Monday, April 13, 2015

Ulla Reimer to Conduct a Photography Workshop in Seoul in May 2015

Ulla Reimer is a professional photographer from France who has been in the business for forty years.  That's right...four decades.  When I lived in China, we would spend time chatting, and she was kind enough to show me some of her work that she exhibited at a prestigious show in the Middle Kingdom.  Her fine art photography is outstanding.  
She currently resides in Seoul.

Ulla has had a distinguished career in the field of photography from being a photojournalist, a portraitist for the stars, and a fine art photographer.  She informed me a day or so ago that she is conducting a workshop in Seoul this coming May.  

I asked her if people could still sign-up to participate in the workshop, and she said yes.  She made it a point to tell me that people who have no experience with photography to those who are very experienced with photography are welcome to participate.
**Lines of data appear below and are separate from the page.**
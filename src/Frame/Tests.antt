-- ===== src/Frame/Tests.antt =====
-- Runs of the frame codec on concrete bytes, and the theorems on it at concrete inputs.
use beaver_mq.Prelude.{
  ℕ, ◌+◌, ◌≡◌, refl, Bool, true, false, some, List, [], ◌∷◌, ◌++◌, Bytes, codes, length, take, All,
  map, arith,
}
use beaver_mq.Frame.Reader.{reader_init, reader_remaining, read_u32}
use beaver_mq.Frame.Buffer.{buf_init, grow_cap}
use beaver_mq.Frame.Envelope.{frame, bad, incomplete, frame_parse, frame_write}
use beaver_mq.Frame.Codec.{
  Field, u8, u16, shortstr, longstr, shape, InRange, wire_all, put_fields, read_fields,
}
use beaver_mq.Frame.RoundTrip.{put_fields_lem, read_fields-put_fields}
use beaver_mq.Frame.Parse.{frame_bytes, frame_parse-frame_bytes, frame_parse-take}
use beaver_mq.Frame.Write.{frame_parse-frame_write}

abbrev grant_all : ℕ → Bool
grant_all n = true

abbrev three_fields : List Field
three_fields = u16 513 ∷ shortstr (codes "ab") ∷ longstr (5 ∷ 6 ∷ []) ∷ []

abbrev three_in_range : All InRange three_fields
three_in_range = (omega arith, (omega arith, (omega arith, tt)))

abbrev body : Bytes
body = 10 ∷ 20 ∷ 30 ∷ []

wire_three : wire_all three_fields ≡ 2 ∷ 1 ∷ 2 ∷ 97 ∷ 98 ∷ 0 ∷ 0 ∷ 0 ∷ 2 ∷ 5 ∷ 6 ∷ []
wire_three = refl

-- A byte other than 206 where the frame ends.
bad_end : frame_parse (1 ∷ 0 ∷ 3 ∷ 0 ∷ 0 ∷ 0 ∷ 1 ∷ 9 ∷ 205 ∷ []) ≡ bad
unfolding frame_parse
bad_end = refl

-- A payload longer than 16 MiB is refused before it arrives.
too_long : frame_parse (1 ∷ 0 ∷ 3 ∷ 1 ∷ 0 ∷ 0 ∷ 1 ∷ []) ≡ bad
unfolding frame_parse
too_long = refl

short_read : (read_u32 (reader_init (1 ∷ 2 ∷ []) 2)).0 ≡ 0
unfolding read_u32 reader_init
short_read = refl

written : (put_fields grant_all buf_init three_fields).error ≡ false
written = (put_fields_lem grant_all three_fields three_in_range (λ n. refl) (omega arith)).0

read_fields-put_fields_example :
    let b = put_fields grant_all buf_init three_fields in
    let (got, r) = read_fields (map shape three_fields) (reader_init b.bytes (length b.bytes)) in
    (got ≡ map some three_fields) × (r.error ≡ false) × (reader_remaining r ≡ 0)
read_fields-put_fields_example =
    read_fields-put_fields grant_all three_fields three_in_range written (omega arith)

frame_parse-frame_bytes_example :
    frame_parse (frame_bytes 1 7 body ++ 99 ∷ [])
    ≡ frame (record { type = 1; channel = 7; payload_len = length body }) body (length body + 8)
frame_parse-frame_bytes_example =
    frame_parse-frame_bytes 1 7 body (omega arith) (omega arith) (99 ∷ [])

frame_parse-take_example : frame_parse (take 9 (frame_bytes 1 7 body)) ≡ incomplete
frame_parse-take_example = frame_parse-take 1 7 body (omega arith) (omega arith) 9 (omega arith)

abbrev one_frame : Bytes
one_frame = 1 ∷ 0 ∷ 7 ∷ 0 ∷ 0 ∷ 0 ∷ 1 ∷ 42 ∷ 206 ∷ 8 ∷ []

one_frame_parsed :
    frame_parse one_frame ≡ frame (record { type = 1; channel = 7; payload_len = 1 }) (42 ∷ []) 9
unfolding frame_parse
one_frame_parsed = refl

abbrev one_field : List Field
one_field = u8 42 ∷ []

sent : (frame_write grant_all buf_init 1 7 body).error ≡ false
unfolding frame_write grow_cap
sent = refl

frame_parse-frame_write_example :
    frame_parse ((frame_write grant_all buf_init 1 7 body).bytes ++ 5 ∷ [])
    ≡ frame (record { type = 1; channel = 7; payload_len = length body }) body (length body + 8)
frame_parse-frame_write_example =
    frame_parse-frame_write grant_all 1 7 body (5 ∷ []) (omega arith) (omega arith) sent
The workshop is a four day event to be held in Seoul.  Here is a poster that discusses the contents of the workshop:

There are a couple of ways to contact Ulla so that you can sign-up to participate in the workshop:

1)  Contact Ulla by email:

2)  If you have Kao Kao Talk, Ulla's ID is ur031

3)  Go to her website:  Ulla Reimer.  Please go to her contact page for her email address.  Enjoy the photographs on her site while you are at it.

Have fun at the workshop!

Thursday, April 2, 2015

The Chapel of the Valley in Prescott Valley

Prescott Valley is next to Prescott, and both of these very small municipalities are north and west of the Phoenix metropolis.  They are situated at a higher elevation than that of Phoenix; consequently, something approaching the four seasons can be appreciated.
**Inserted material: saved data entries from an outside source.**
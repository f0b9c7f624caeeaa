-- ===== src/HashMap.antt =====
-- include/hashmap.h and src/hashmap.c: the chained table of names and its keyed hash.
pub mod SipHash
pub mod Chained
pub mod Lookup
mod Tests
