-- ===== src/HashMap/Tests.antt =====
-- Runs of the hash map on a small table, and the theorems on it at concrete inputs.
use beaver_mq.Prelude.{ℕ, ◌≡◌, refl, true, some, [], ◌∷◌, Bytes, codes, str_eq, length, arith}
use beaver_mq.HashMap.Chained.{HashMap, find_in, move_chains, hashmap_get, hashmap_put}
use beaver_mq.HashMap.Lookup.{hashmap_get-hashmap_put}

-- Two keys of the same length collide.
abbrev by_length : Bytes → ℕ
by_length key = length key

abbrev table : HashMap ℕ
table = record {
  buckets =
      []
      ∷ (record { key = codes "b"; value = 20; hash = 1 }
          ∷ record { key = codes "a"; value = 10; hash = 1 }
          ∷ [])
      ∷ [];
  count = 2;
}

-- The third entry grows the table from two buckets to four.
grown : length (hashmap_put by_length true true table (codes "ccc") 30).2.buckets ≡ 4
unfolding hashmap_put find_in str_eq move_chains
grown = refl

put_done : (hashmap_put by_length true true table (codes "ccc") 30).0 ≡ true
unfolding hashmap_put find_in str_eq
put_done = refl

hashmap_get-hashmap_put_example :
    hashmap_get by_length (hashmap_put by_length true true table (codes "ccc") 30).2 (codes "ccc")
    ≡ some 30
hashmap_get-hashmap_put_example =
    hashmap_get-hashmap_put by_length true true table (codes "ccc") 30 (omega arith) put_done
In Prescott Valley, or PV for those old salts who live in the area, there is a an interesting structure that sits on a piece of private property located within the boundaries of Fain Park.  There are many other sources that explain the history of the region far better than I could even attempt, but I do want to discuss briefly this structure.  It is called The Chapel of the Valley.

The Chapel of the Valley
© Mark Eaton

It is a small building, and it is well maintained.  It isn't a traditional meeting place for Christian worshipers every Sunday, but it can be used for weddings and other somber and sobering functions that I would rather avoid.  Usually the doors are closed and secured unless a local volunteer happens to be on duty in the chapel itself.  Volunteers oft times are associated with an historical society or some other organization, and it is these people who provide opportunities for regular everyday people to access that which is often inaccessible.

I happen to know one of the volunteers here.  She has been a friend for many years, and she invited me to the chapel during her volunteer time.  She advised me to bring my camera, because I just might be impressed with all of the stained glass windows that are a large part of the chapel.
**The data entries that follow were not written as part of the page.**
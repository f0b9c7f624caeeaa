-- ===== src/Http.antt =====
-- src/http.c and src/main.c: the texts that the management API and its command line read and write.
mod Tests
pub mod Base64
pub mod RoundTrip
I don't do much work with color photography at this stage of my life, but I couldn't resist the temptation to do some color work after I entered the building.  Each window is stained glass that depicts certain figures or events important to Christians. 

Stained Glass Window at
The Chapel of the Valley
© Mark Eaton

There isn't a regular window in the place, and on a sunny day the colors are rather amazing in such a small structure.

 Stained Glass Window at
The Chapel of the Valley
© Mark Eaton

Stained Glass Window at
The Chapel of the Valley
© Mark Eaton

Why the apparent dark section in the above image?  The very first photo of this article provides the answer to that question.
Besides the stained glass windows, there are other things within the chapel that would interest a history buff.  The pipe organ is small...well, you'll have to take your own camera for that one.
This final image of the resurrected Savior is located on the western wall of the chapel, and it was the first image I saw as I entered the doors of the chapel as seen in the first photograph of this article.  I imagine the setting sun can produce some interesting light on this particular stained glass window.
Stained Glass Window at
The Chapel of the Valley
© Mark Eaton

Should you find yourself in Prescott Valley, I hope you can get a chance to view the interior of the little chapel.